# Salt Hardening In Box



## BJSServices (Sep 24, 2013)

Have an in bed Boss V Box Spreader (Vib and Auger system.) Last ice event we spent most of the night chipping out salt and using the tailgate spreaders. 

Bulk salt stored in bin lined and covered with plastic with no issues. Salt was left in spreader for 2.5 days - previously for up to two weeks between spreading event with no issue. Chunks coming out contained a blue hue and lined the top, sides and bottom, binding auger. The middle was relatively free

Anyone had any experiences like this? I'm not aware of raw salt changing color based on purely condensation (no iron introduced by city water or anything). One covered bin did not solidify (storage bin) and one did (box). I hate to dare hint at foul play, but interested to see what anyone has to contribute.


----------



## grandview (Oct 9, 2005)

Salt will pull moisture from the air and freeze.

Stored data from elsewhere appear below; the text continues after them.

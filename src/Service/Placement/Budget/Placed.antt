-- ===== src/Service/Placement/Budget/Placed.antt =====
-- What one placement reserves, dry or live.
use polymarket_event_quant.Base.{
  ℕ, suc, ◌+◌, ◌≤◌, Bool, true, false, not, Option, none, some, arith, sum_by, Result, ok, err,
  if◌then◌else◌, leb, ◌&&◌, ◌*◌,
}
use polymarket_event_quant.Base.Decimal.{Decimal, one}
use polymarket_event_quant.Models.{Market, TradePlan, PlacementResult, market_reserve, order_size}
use polymarket_event_quant.Database.{MarketState}
use polymarket_event_quant.Exchange.Session.{Submission}
use polymarket_event_quant.Exchange.{Exc}
use polymarket_event_quant.Service.{Settings, ActivationUpdate, RetryState}
use polymarket_event_quant.Service.Monad.{◌>>=◌}
use polymarket_event_quant.Service.Placement.{
  place_dry, after_placement, place_live, place_now, place, prepare_first, place_if_shut,
  place_gated, first_started,
}
use polymarket_event_quant.Service.Placement.Steps.{
  Desk, DualEnd, add_orders, mark, Trigger, resolve_dual, failed_result, knock_ms, after_ambiguous,
  legs, door_answer, door_already_open, retry_of, is_activation,
}
use polymarket_event_quant.Service.Placement.Budget.Rules.{
  Holds, Keeps, Spends, ◌⨟◌, order_reserve, Spends-then, Spends-after, Spends-kept, Spends-if,
  order_cost, IsExact, cost-reserve, IsExact-reserve,
}
use polymarket_event_quant.Service.Placement.Budget.Steps.{
  skipped, Spends-placement, Keeps-prepare, noted, Spends-add_orders, returned, Keeps-mark,
}

abbrev pub FitsEnd : Decimal → DualEnd → Type 0
FitsEnd n (DualEnd.placed r) = sum_by order_cost r.orders ≤ n * one
FitsEnd n _ = Unit

abbrev pub FitsResult : Decimal → Result Exc PlacementResult → Type 0
FitsResult n (ok r) = sum_by order_cost r.orders ≤ n * one
FitsResult n (err e) = Unit

-- The exchange returns orders that cost at most what the plan reserves for a market.
abbrev pub FitsDesk : TradePlan → Desk → Type 0
FitsDesk plan desk =
    ((call : ℕ) (m : Market) (until : ℕ)
      → FitsEnd (market_reserve plan)
          (desk.place_dual call m plan.buy_price (order_size plan) until))
    × ((call : ℕ) (m : Market) (retryable : Bool)
        → FitsResult (market_reserve plan)
            (desk.reconcile_ambiguous_dual call m plan.buy_price (order_size plan) retryable))

module _ (limit : Decimal) (desk : Desk) (settings : Settings) (now : ℕ) where
  abbrev pub reserve : ℕ
  reserve = market_reserve settings.plan

  module _ (fits : FitsDesk settings.plan desk) (exact : IsExact settings.plan) where
    Spends-resolved :
        (m : Market) (retry : Option RetryState) (started : ℕ) (source : Option ActivationUpdate)
        (end : DualEnd)
        → FitsEnd reserve end
        → Spends limit reserve (
            resolve_dual desk settings now m end
            >>= after_placement desk settings now m retry started source)
    Spends-resolved m retry started source (DualEnd.placed r) le b h =
        Spends-placement limit desk settings now m retry started source reserve r
          (cost-reserve reserve r.orders le) b h
    Spends-resolved m retry started source (DualEnd.raised e) le b h =
        Spends-placement limit desk settings now m retry started source reserve
          (failed_result desk settings now e false 1) (omega arith) b h
    Spends-resolved m retry started source (DualEnd.ambiguous e retryable attempts) le b h =
        go
          (desk.reconcile_ambiguous_dual b.calls m settings.plan.buy_price
            (order_size settings.plan) retryable)
          (fits.1 b.calls m retryable)
      where
        go :
            (r : Result Exc PlacementResult)
            → FitsResult reserve r
            → Holds limit 0
                (after_placement desk settings now m retry started source
                  (after_ambiguous desk settings now e retryable attempts r)
                  (record b { calls = suc b.calls })).1
        go (ok r) le =
            Spends-placement limit desk settings now m retry started source reserve
              (after_ambiguous desk settings now e retryable attempts (ok r))
              (cost-reserve reserve r.orders le) (record b { calls = suc b.calls }) h
        go (err e') le =
            Spends-placement limit desk settings now m retry started source reserve
              (after_ambiguous desk settings now e retryable attempts (err e')) (omega arith)
              (record b { calls = suc b.calls }) h

    Spends-live :
        (m : Market) (retry : Option RetryState) (first : ℕ) (source : Option ActivationUpdate)
        → Spends limit reserve (place_live desk settings now m retry first source)
    Spends-live m retry first source b h =
        Spends-resolved m retry (desk.clock_ms b.calls) source _
          (fits.0 b.calls m (first + knock_ms)) (record b { calls = suc b.calls }) h

    legs-reserve :
        (m : Market) (how : Submission)
        → sum_by order_reserve (legs desk settings now how m) ≤ reserve
    legs-reserve m Submission.both_sides = omega (arith, IsExact-reserve settings.plan exact)
    legs-reserve m Submission.solo_up = omega (arith, IsExact-reserve settings.plan exact)
    legs-reserve m Submission.solo_down = omega (arith, IsExact-reserve settings.plan exact)

    Spends-dry : (m : Market) → Spends limit reserve (place_dry desk settings now m)
    Spends-dry m =
        Spends-then limit reserve
          (add_orders desk settings now m (legs desk settings now desk.entry_submission m))
          (λ _. mark desk settings now m MarketState.active none)
          (Spends-add_orders limit desk settings now m _ reserve
            (legs-reserve m desk.entry_submission))
          (λ _. Keeps-mark limit desk settings now 0 m MarketState.active none)

    Keeps-first :
        (m : Market) (retry : Option RetryState)
        → Keeps limit reserve (prepare_first desk settings now m retry)
    Keeps-first m none b h = Keeps-prepare limit desk settings now reserve m MarketState.placing b h
    Keeps-first m (some _) b h = h

    Spends-now :
        (m : Market) (retry : Option RetryState) (first : ℕ) (source : Option ActivationUpdate)
        → Spends limit reserve (place_now desk settings now m retry first source)
    Spends-now m retry first source =
        Spends-after limit reserve (prepare_first desk settings now m retry)
          (λ _.
            if not settings.live
            then place_dry desk settings now m
            else place_live desk settings now m retry first source)
          (Keeps-first m retry)
          (λ _.
            Spends-if limit reserve (not settings.live) _ _ (Spends-dry m)
              (Spends-live m retry first source))

    Spends-if_shut :
        (m : Market) (retry : Option RetryState) (first : ℕ) (source : Option ActivationUpdate)
        (ready : Bool)
        → Spends limit reserve (place_if_shut desk settings now m retry first source ready)
    Spends-if_shut m retry first source true b h =
        Spends-kept
          (skipped limit desk settings now reserve m "order book already open when its turn came") b
          h
    Spends-if_shut m retry first source false b h = Spends-now m retry first source b h

    Keeps-answer :
        (m : Market) (r : Result Exc Bool) → Keeps limit reserve (door_answer desk settings now m r)
    Keeps-answer m (ok ready) b h = h
    Keeps-answer m (err e) b h =
        (noted limit desk settings now reserve "ERROR" "orderbook_check_failed" m
            ⨟ returned limit desk settings now reserve false).keeps
          b h

    Keeps-door : (m : Market) → Keeps limit reserve (door_already_open desk settings now m)
    Keeps-door m b h =
        Keeps-answer m (desk.order_books_ready b.calls m) (record b { calls = suc b.calls }) h

    Spends-gated :
        (m : Market) (trigger : Trigger) (retry : Option RetryState) (first : ℕ)
        (source : Option ActivationUpdate)
        → Spends limit reserve (place_gated desk settings now m trigger retry first source)
    Spends-gated m trigger retry first source b =
        Spends-if limit reserve (settings.live && is_activation trigger) _
          (place_now desk settings now m retry first source)
          (Spends-if limit reserve (leb (first + knock_ms) (desk.clock_ms b.calls)) _
            (door_already_open desk settings now m
              >>= place_if_shut desk settings now m retry first source)
            (Spends-kept (
              skipped limit desk settings now reserve m
                "knocking budget of 240 s used up before its turn"))
            (Spends-after limit reserve (door_already_open desk settings now m)
              (place_if_shut desk settings now m retry first source) (Keeps-door m)
              (Spends-if_shut m retry first source)))
          (Spends-now m retry first source) b

    pub Spends-place :
        (m : Market) (trigger : Trigger) (source : Option ActivationUpdate)
        → Spends limit reserve (place desk settings now m trigger source)
    Spends-place m trigger source b =
        Spends-gated m trigger (retry_of m.slug b.placement_retries)
          (first_started desk settings now (retry_of m.slug b.placement_retries)
            (desk.clock_ms b.calls))
          source b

It's called Morton blue as in the Morton Salt Company. It is a dye used to help identify the the amount and areas of where the salt is spread when used in road de-icing.


----------



## BJSServices (Sep 24, 2013)

It comes from a Cargill distributor. It is not Morton so the blue does not make sense to me without introduction of element to form chemical reaction. 

Received product from NW Indiana company. It's very fine and with brownish hint - think thundermelt.


----------



## grandview (Oct 9, 2005)

All the same,a marker color.


----------



## Mr.Markus (Jan 7, 2010)

grandview;1679404 said:


> Salt will pull moisture from the air and freeze.


It's called Hygroscopic


----------



## grandview (Oct 9, 2005)

Yes dr Markus


----------



## BJSServices (Sep 24, 2013)

If its a marker, its one hell of a poor one. In any case, lesson learns if there were other forces involved or not. 

Won't load until event.


----------



## White Gardens (Oct 29, 2008)

It also could be an anti-caking agent to keep the stock piles from binding from weight.

Here's the deal though with bulk salt....

It's hauled in, in the open air. It's stacked in the open air. It's then stock piled in the open air. Then shipped to your location in the open air.

All the time, it collects moisture, and the smaller and smaller the pile gets, the more moisture it will absorb. So ultimately, your 25 ton load is way smaller than the 1,000,000 ton pile it came from.

So, even when it looks free flowing, and dry, it still has moisture. Temps get low enough, it freezes.

If you are lucky enough to have your own stock pile, back up your truck to it at the end of a storm and empty out the box. Easier to deal with frozen salt with a skid steer rather than in a V-box.


.....


----------



## White Gardens (Oct 29, 2008)

The only real way to stop this from happening is to treat your salt with a Cal solution either as you load or mix it in with your stockpile.

Some loads you get are super dry.

Some loads you get are borderline and all it takes is a good rain, or a few high humidity days to make it go south.


....


----------



## BJSServices (Sep 24, 2013)

You speak truth, but the baffling thing to me is that the side and bottom of the plastic vbox solidified most and locked up the vibe and auger completely and salt turned blue in only some of those areas. Not uniformly as if something were added. 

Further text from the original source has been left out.